The Kaiser Permanente and Microsoft pilot program aims to expand functionality to the personal e-health records of Kaiser Permanente employees (who are also Kaiser Permanente patients), while providing to Microsoft a new pool of users as the software vendor demonstrates to consumers at-large how they, too, can manage their health information via Microsoft's HealthVault platform.

The pilot will test the exchange of patient health data from Kaiser Permanente's My Health Manager e-health record system to Microsoft's HealthVault, which Microsoft unveiled last October as a Web-based service providing tools for consumers to manage their own health data and conduct private health-related Web-searches.

The Kaiser Permanente/Microsoft project also comes on the heels of Google last month announcing the general availability of Google personal health record tools.

That Google announcement followed an e-health record pilot launched last year with more than 1,600 Cleveland Clinic patients, who signed on to have their health data from the clinic's e-medical records incorporated into Google personal health record accounts. Last month, the Cleveland Clinic, as well as a few other health-care players, including several large pharmacy chains and lab companies, announced they would also transmit data to Google's Web-based personal health records when patients requested.

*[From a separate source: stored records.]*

-- ===== src/X402/Fetch/Payment/Laws.antt =====
-- What is reported as paid is the selected option, and no dry run.
use phalnx.Base.{
  ℕ, ◌≡◌, refl, ap, Bool, true, false, [], ◌∷◌, ◌++◌, String, Result, ok, ◌>=>◌, >=>-eq-ok,
  if◌then◌else◌,
}
use phalnx.X402.{PaymentRequirements}
use phalnx.X402.Fetch.{
  FetchError, FetchConfig, FetchOptions, Response, Settled, Confirmation, PaymentState,
  FetchServices, dry, paid, not_paid,
}
use phalnx.X402.Fetch.Checks.{Step}
use phalnx.X402.Fetch.Payment.{
  is_success, pay, record_attempt, confirmation, report, settle, finish,
}

module _ {World : Type 0} (s : FetchServices World) (config : FetchConfig) (options : FetchOptions)
    (url : String) where
  settled-paid :
      (test : Bool) (selected answered : PaymentRequirements) (amount : ℕ)
      (task : Step s Confirmation) (st1 st2 st' : PaymentState World)
      → ◌≡◌ {A = Result FetchError Settled × PaymentState World}
          (if test then (task >=> report s selected amount) st1 else (ok (not_paid selected), st2))
          (ok (paid answered), st')
      → selected ≡ answered
  settled-paid true selected answered amount task st1 st2 st' h =
      let (c, st3, _, r) = >=>-eq-ok task (report s selected amount) h in
      let ends : ◌≡◌ {A = Result FetchError Settled} (ok (paid selected)) (ok (paid answered)) =
        ap (λ x. x.0) r in
      cc
  settled-paid false selected answered amount task st1 st2 st' h = cc (ap (λ x. x.0) h)

  settle-paid :
      (selected answered : PaymentRequirements) (amount : ℕ) (response : Response)
      (st st' : PaymentState World)
      → settle s config url selected amount response st ≡ (ok (paid answered), st')
      → selected ≡ answered
  unfolding settle
  settle-paid selected answered amount response st st' h =
      settled-paid (is_success s response) selected answered amount
        (confirmation s config.confirm_payment (s.settlement response.payment_response))
        (record_attempt s config url selected amount st)
        (record st { events = st.events ++ ((false, selected) ∷ []) }) st' h

  finished-paid :
      (test : Bool) (selected answered : PaymentRequirements) (st st' : PaymentState World)
      (pay : Step s Response) (settle : Response → Step s Settled)
      → ((response : Response) (st1 : PaymentState World)
          → settle response st1 ≡ (ok (paid answered), st')
          → selected ≡ answered)
      → (if test then (λ st. (ok (dry selected), st)) else pay >=> settle) st
        ≡ (ok (paid answered), st')
      → (test ≡ false) × (selected ≡ answered)
  finished-paid true selected answered st st' pay settle same h = cc (ap (λ x. x.0) h)
  finished-paid false selected answered st st' pay settle same h =
      let (response, st1, _, r) = >=>-eq-ok pay settle h in (refl, same response st1 r)

  pub finish-paid :
      (selected answered : PaymentRequirements) (amount : ℕ) (st st' : PaymentState World)
      → finish s config options url selected amount st ≡ (ok (paid answered), st')
      → (options.dry_run ≡ false) × (selected ≡ answered)
  finish-paid selected answered amount st st' h =
      finished-paid options.dry_run selected answered st st'
        (pay s config options url selected amount) (settle s config url selected amount)
        (λ response st1. settle-paid selected answered amount response st1 st') h
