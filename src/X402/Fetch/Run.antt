-- ===== src/X402/Fetch/Run.antt =====
-- shielded-fetch.ts: the flow of shieldedFetch.
use phalnx.Base.{not, ◌||◌, none, String, str_eq, ok, throw_if, lift, ◌>=>◌, if◌then◌else◌, ◌==◌}
use phalnx.X402.{PaymentRequirements}
use phalnx.X402.Selector.{select_payment_option}
use phalnx.X402.Codec.{decode_payment_required_header}
use phalnx.X402.Fetch.{
  FetchConfig, FetchOptions, Settled, FetchServices, already_attempted, not_parsed, not_selected,
  passed_through,
}
use phalnx.X402.Fetch.Checks.{
  Step, outside, mapped, check_url, check_replay, check_amount, check_policy,
}
use phalnx.X402.Fetch.Payment.{pay, settle, finish}

module _ {World : Type 0} (s : FetchServices World) where
  -- Steps 10 to 17.
  unfoldable pub make_payment :
      FetchConfig → FetchOptions → String → PaymentRequirements → Step s Settled
  unfolding check_amount check_policy pay settle
  make_payment config options url selected st =
      (lift (check_amount s config options selected st) >=> λ amount.
      check_policy s config selected >=> λ _. finish s config options url selected amount)
        st

  -- Steps 6 to 17.
  unfoldable pub answer_402 : FetchConfig → FetchOptions → String → String → Step s Settled
  unfolding check_replay make_payment
  answer_402 config options url header =
      lift (throw_if options.sends_signature already_attempted) >=> λ _.
      lift (
        mapped s not_parsed
          (decode_payment_required_header s.base64_decode s.parse_json s.big_int header))
      >=> λ accepts.
          lift (mapped s not_selected (select_payment_option config.config accepts)) >=> λ selected.
          check_replay s config url selected >=> λ _. make_payment config options url selected

  unfoldable pub shielded_fetch : FetchConfig → FetchOptions → String → Step s Settled
  unfolding check_url answer_402
  shielded_fetch config options url = lift (check_url s config.allow_insecure_urls url) >=> λ _.
      outside s (s.request url none) >=> λ response.
      if not (response.status == 402) || str_eq response.payment_required ""
      then (λ st. (ok passed_through, st))
      else answer_402 config options url response.payment_required
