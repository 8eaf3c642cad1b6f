-- ===== src/X402/Fetch/Laws.antt =====
-- What a payment that shieldedFetch reports as paid went through.
use mathlib.Core.Path.{subst}
use text.Mathlib.Text.{starts_with}
use phalnx.Base.{
  arith, some, ◌<◌, In, All-In, ℕ, ◌≡◌, refl, sym, ap, ◌∙◌, Bool, true, false, not, ◌||◌, List,
  Option, none, String, str_eq, Result, ok, err, ok-eq, >>=-eq-ok, throw_if, >=>-eq-ok, lift-eq-ok,
  if◌then◌else◌, ◌==◌,
}
use phalnx.X402.{pos, PaymentRequirements}
use phalnx.X402.Selector.{select_payment_option}
use phalnx.Shield.Context.{Context}
use phalnx.X402.Nonces.{NonceTracker}
use phalnx.X402.Amounts.{
  WithinCeiling, NoSpike, validate_payment_amount, validate_payment_amount_iff,
}
use phalnx.X402.Codec.{decode_payment_required_header}
use phalnx.X402.Codec.Laws.{IsU64Amount, decode_payment_required_header-All}
use phalnx.X402.Selector.Laws.{select_payment_option-eligible}
use phalnx.X402.Fetch.{
  FetchError, FetchConfig, FetchOptions, Settled, Response, PaymentState, FetchServices,
  already_attempted, not_parsed, not_selected, bad_amount, passed_through, paid,
}
use phalnx.X402.Fetch.Checks.{
  Step, answered, outside, mapped, check_url, check_nonce, check_replay, check_max, check_amount,
  evaluated, check_policy,
}
use phalnx.X402.Fetch.Approved.{
  IsSecure, OneOf, eligible-parts, IsUnseen, check_nonce-IsUnseen, check_url-IsSecure,
  check_max-within, mapped-ok, ShieldPermits, evaluated-permits,
}
use phalnx.X402.Fetch.Payment.Laws.{finish-paid}
use phalnx.X402.Fetch.Run.{make_payment, answer_402, shielded_fetch}

throw_if-ok : (test : Bool) (e : FetchError) → throw_if test e ≡ ok tt → test ≡ false
throw_if-ok true e h = cc
throw_if-ok false e h = refl

module _ {World : Type 0} (s : FetchServices World) (config : FetchConfig) (options : FetchOptions)
    (url : String) where
  -- What a payment that was made went through, by the time at which the first answer was there and the
  -- state in which the call found the program.
  pub record IsApproved (header : String) (now : ℕ) (tracker : NonceTracker (Unit {0}))
      (recent_amounts : List ℕ) (context : Option Context) (selected : PaymentRequirements)
      : Type 0 where
    pub accepts : List PaymentRequirements
    pub amount : ℕ
    pub first_attempt : options.sends_signature ≡ false
    pub not_dry : options.dry_run ≡ false
    pub decoded :
        decode_payment_required_header s.base64_decode s.parse_json s.big_int header ≡ ok accepts
    pub offered : In selected accepts
    pub on_solana : starts_with selected.network "solana:" ≡ true
    pub token : OneOf config.config.allowed_tokens selected.asset
    pub destination : OneOf config.config.allowed_destinations selected.pay_to
    pub unseen : IsUnseen s config.enable_replay_protection url selected now tracker
    pub spelled : s.big_int selected.amount ≡ some (pos amount)
    pub positive : 0 < amount
    pub payable : IsU64Amount s.base64_decode s.parse_json s.big_int selected
    pub below_ceiling : WithinCeiling config.config.max_payment_per_request amount
    pub no_spike : NoSpike recent_amounts amount
    pub below_max : WithinCeiling options.max_payment amount
    pub permitted : ShieldPermits s context config.config selected now

  check_amount-ok :
      (selected : PaymentRequirements) (st : PaymentState World) (amount : ℕ)
      → check_amount s config options selected st ≡ ok amount
      → (validate_payment_amount s.big_int config.config st.recent_amounts selected.amount
          ≡ ok amount)
        × (check_max s options.max_payment amount ≡ ok tt)
  unfolding check_amount
  check_amount-ok selected st amount h =
      let (a, valid, r) =
        >>=-eq-ok
          (mapped s bad_amount
            (validate_payment_amount s.big_int config.config st.recent_amounts selected.amount))
          _ h in
      let (_, below, r') = >>=-eq-ok (check_max s options.max_payment a) _ r in
      let same : a ≡ amount = ok-eq r' in
      let valid' = mapped-ok s bad_amount _ a valid in
      (valid' ∙ ap (λ x. ok x) same, ap (check_max s options.max_payment) (sym same) ∙ below)

  check_policy-ok :
      (selected : PaymentRequirements) (st st' : PaymentState World)
      → check_policy s config selected st ≡ (ok tt, st')
      → evaluated s st.context config.config selected (s.now_ms st.world) ≡ ok tt
  unfolding check_policy
  check_policy-ok selected st st' h = ap (λ x. x.0) h

  -- The check of the nonce leaves all but the tracker.
  check_replay-ok :
      (selected : PaymentRequirements) (st st' : PaymentState World)
      → check_replay s config url selected st ≡ (ok tt, st')
      → ((check_nonce s config.enable_replay_protection url selected
            (s.now_ms st.world)
            st.tracker).0
          ≡ ok tt)
        × (st'.recent_amounts ≡ st.recent_amounts)
        × (st'.context ≡ st.context)
        × (st'.world ≡ st.world)
  unfolding check_replay
  check_replay-ok selected st st' h = (
    ap (λ x. x.0) h,
    sym (ap (λ x. x.1.recent_amounts) h),
    sym (ap (λ x. x.1.context) h),
    sym (ap (λ x. x.1.world) h),
  )

  make_payment-made :
      (chosen selected : PaymentRequirements) (st st' : PaymentState World)
      → make_payment s config options url chosen st ≡ (ok (paid selected), st')
      → (amount : ℕ) × (validate_payment_amount s.big_int config.config st.recent_amounts
            chosen.amount
          ≡ ok amount)
        × (check_max s options.max_payment amount ≡ ok tt)
        × (evaluated s st.context config.config chosen (s.now_ms st.world) ≡ ok tt)
        × (options.dry_run ≡ false)
        × (chosen ≡ selected)
  unfolding make_payment
  make_payment-made chosen selected st st' h =
      let (amount, checked, r1) =
        lift-eq-ok (check_amount s config options chosen st) _ {w = st} h in
      let (_, st2, allowed, r2) = >=>-eq-ok (check_policy s config chosen) _ r1 in
      let (not_dry, same) = finish-paid s config options url chosen selected amount st2 st' r2 in
      let (valid, below) = check_amount-ok chosen st amount checked in
      (amount, valid, below, check_policy-ok chosen st st2 allowed, not_dry, same)

  answer_402-IsApproved :
      (header : String) (selected : PaymentRequirements) (st st' : PaymentState World)
      → answer_402 s config options url header st ≡ (ok (paid selected), st')
      → IsApproved header (s.now_ms st.world) st.tracker st.recent_amounts st.context selected
  unfolding answer_402
  answer_402-IsApproved header selected st st' h =
      let (_, first, r1) = lift-eq-ok (throw_if options.sends_signature already_attempted) _ h in
      let (accepts, decoded, r2) =
        lift-eq-ok
          (mapped s not_parsed
            (decode_payment_required_header s.base64_decode s.parse_json s.big_int header))
          _ r1 in
      let (chosen, chose, r3) =
        lift-eq-ok (mapped s not_selected (select_payment_option config.config accepts)) _ r2 in
      let (_, st1, seen, r4) = >=>-eq-ok (check_replay s config url chosen) _ r3 in
      let (fresh, recent, context, world) = check_replay-ok chosen st st1 seen in
      let (amount, valid, below, allowed, not_dry, same) =
        make_payment-made chosen selected st1 st' r4 in
      let was_decoded = mapped-ok s not_parsed _ accepts decoded in
      let (inside, eligible) =
        select_payment_option-eligible config.config accepts chosen
          (mapped-ok s not_selected _ chosen chose) in
      let (on_solana, token, destination) = eligible-parts config.config chosen eligible in
      let valid' =
        ap (λ amounts. validate_payment_amount s.big_int config.config amounts chosen.amount)
          (sym recent)
        ∙ valid in
      let (spelled, positive, ceiling, calm) =
        (validate_payment_amount_iff s.big_int config.config st.recent_amounts chosen.amount
            amount).0
          valid' in
      let allowed' =
        ap (λ c. evaluated s c config.config chosen (s.now_ms st1.world)) (sym context) ∙ allowed in
      let permitted = evaluated-permits s st.context config.config chosen _ allowed' in
      let approved : IsApproved header (s.now_ms st.world) st.tracker st.recent_amounts st.context
          chosen =
        record {
          accepts = accepts;
          amount = amount;
          first_attempt = throw_if-ok options.sends_signature already_attempted first;
          not_dry = not_dry;
          decoded = was_decoded;
          offered = inside;
          on_solana = on_solana;
          token = token;
          destination = destination;
          unseen =
              check_nonce-IsUnseen s config.enable_replay_protection url chosen (s.now_ms st.world)
                st.tracker fresh;
          spelled = spelled;
          positive = positive;
          payable =
              All-In (IsU64Amount s.base64_decode s.parse_json s.big_int) accepts chosen
                (decode_payment_required_header-All s.base64_decode s.parse_json s.big_int header
                  accepts was_decoded)
                inside;
          below_ceiling = ceiling;
          no_spike = calm;
          below_max = check_max-within s options.max_payment amount below;
          permitted =
              subst (λ x. ShieldPermits s st.context config.config chosen (s.now_ms x)) world
                permitted;
        } in
      subst (IsApproved header (s.now_ms st.world) st.tracker st.recent_amounts st.context) same
        approved

  answered-ok {κ} :
      {A : Type κ} (st st' : PaymentState World) (a : A) (r : Result String A × World)
      → answered s st r ≡ (ok a, st')
      → (w : World) × (record st { world = w } ≡ st') × (r ≡ (ok a, w))
  answered-ok st st' a (err message, w) h = cc (ap (λ x. x.0) h)
  answered-ok st st' a (ok b, w) h =
      let same : b ≡ a = ok-eq (ap (λ x. x.0) h) in (w, ap (λ x. x.1) h, ap (λ x. (ok x, w)) same)

  -- A response that is no unpaid 402 is passed through.
  unpaid-answered :
      (test : Bool) (task : Step s Settled) (selected : PaymentRequirements)
      (st st' : PaymentState World)
      → (if test then (λ st. (ok passed_through, st)) else task) st ≡ (ok (paid selected), st')
      → (test ≡ false) × (task st ≡ (ok (paid selected), st'))
  unpaid-answered true task selected st st' h = cc (ap (λ x. x.0) h)
  unpaid-answered false task selected st st' h = (refl, h)

  payment-asked :
      (response : Response)
      → (not (response.status == 402) || str_eq response.payment_required "") ≡ false
      → response.status ≡ 402
  payment-asked response h = ground (arith, h)

  -- A payment that shieldedFetch reports as paid answers a first response with status 402, and was for
  -- one of the options of that response's header: on Solana, in an allowed token, to an allowed
  -- destination, of a positive amount that a u64 holds, within the configured ceiling and the caller's
  -- maximum, and no spike. The URL is of HTTPS, or of HTTP where that is allowed; the caller's headers
  -- had no payment, and the call was no dry run. In the state that the call found and at the time of
  -- the response, the protection against replays was off or the payment had no record that was still
  -- live; and the caller's shield, if there is one, was not paused, the payment was within its
  -- cumulative limit, and its policies allowed the instruction that stands for the payment.
  pub shielded_fetch-IsApproved :
      (selected : PaymentRequirements) (st st' : PaymentState World)
      → shielded_fetch s config options url st ≡ (ok (paid selected), st')
      → (response : Response) × (w : World) × IsSecure config.allow_insecure_urls url
        × (s.request url none st.world ≡ (ok response, w))
        × (response.status ≡ 402)
        × IsApproved response.payment_required
            (s.now_ms w)
            st.tracker
            st.recent_amounts
            st.context
            selected
  unfolding shielded_fetch
  shielded_fetch-IsApproved selected st st' h =
      let (_, secure, r1) = lift-eq-ok (check_url s config.allow_insecure_urls url) _ {w = st} h in
      let (response, st1, requested, r2) = >=>-eq-ok (outside s (s.request url none)) _ r1 in
      let (w, same, from) = answered-ok st st1 response (s.request url none st.world) requested in
      let (asked, paid_for) =
        unpaid-answered (not (response.status == 402) || str_eq response.payment_required "")
          (answer_402 s config options url response.payment_required) selected st1 st' r2 in
      let approved = answer_402-IsApproved response.payment_required selected st1 st' paid_for in
      (
        response,
        w,
        check_url-IsSecure s config.allow_insecure_urls url secure,
        from,
        payment-asked response asked,
        subst
            (λ x.
              IsApproved response.payment_required (s.now_ms x.world) x.tracker x.recent_amounts
                x.context selected)
            (sym same) approved,
      )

Beth Israel Deaconess Medical Center (BIDMC) is among the handful of health-care providers that signed on to provide patient data to Google personal health records. However, the Boston-based medical center -- which also allows patients to access their e-medical data directly from BIDMC via a secure hospital Web site -- isn't playing favorites when it comes to the consumer offerings of personal health record services from Google and Microsoft. BIDMC will support both platforms.

"We've already completed our prototype for HealthVault," said John Halamka, CIO at CareGroup Healthcare System, which operates BIDMC. "I believe patients should be the stewards of their own data and I'm committed to making data available to patients via any secure personal health record system they request," said Halamka in an e-mail interview with InformationWeek.

For its part, Microsoft has been recruiting third parties to develop applications to run on HealthVault, and to date, about 40 such applications have been developed, including those allowing patients to monitor their blood pressure, glucose, and other key readings using personal health devices, and download this info to share with their physicians, says Peter Neupert, Microsoft Health Solutions Group corporate VP.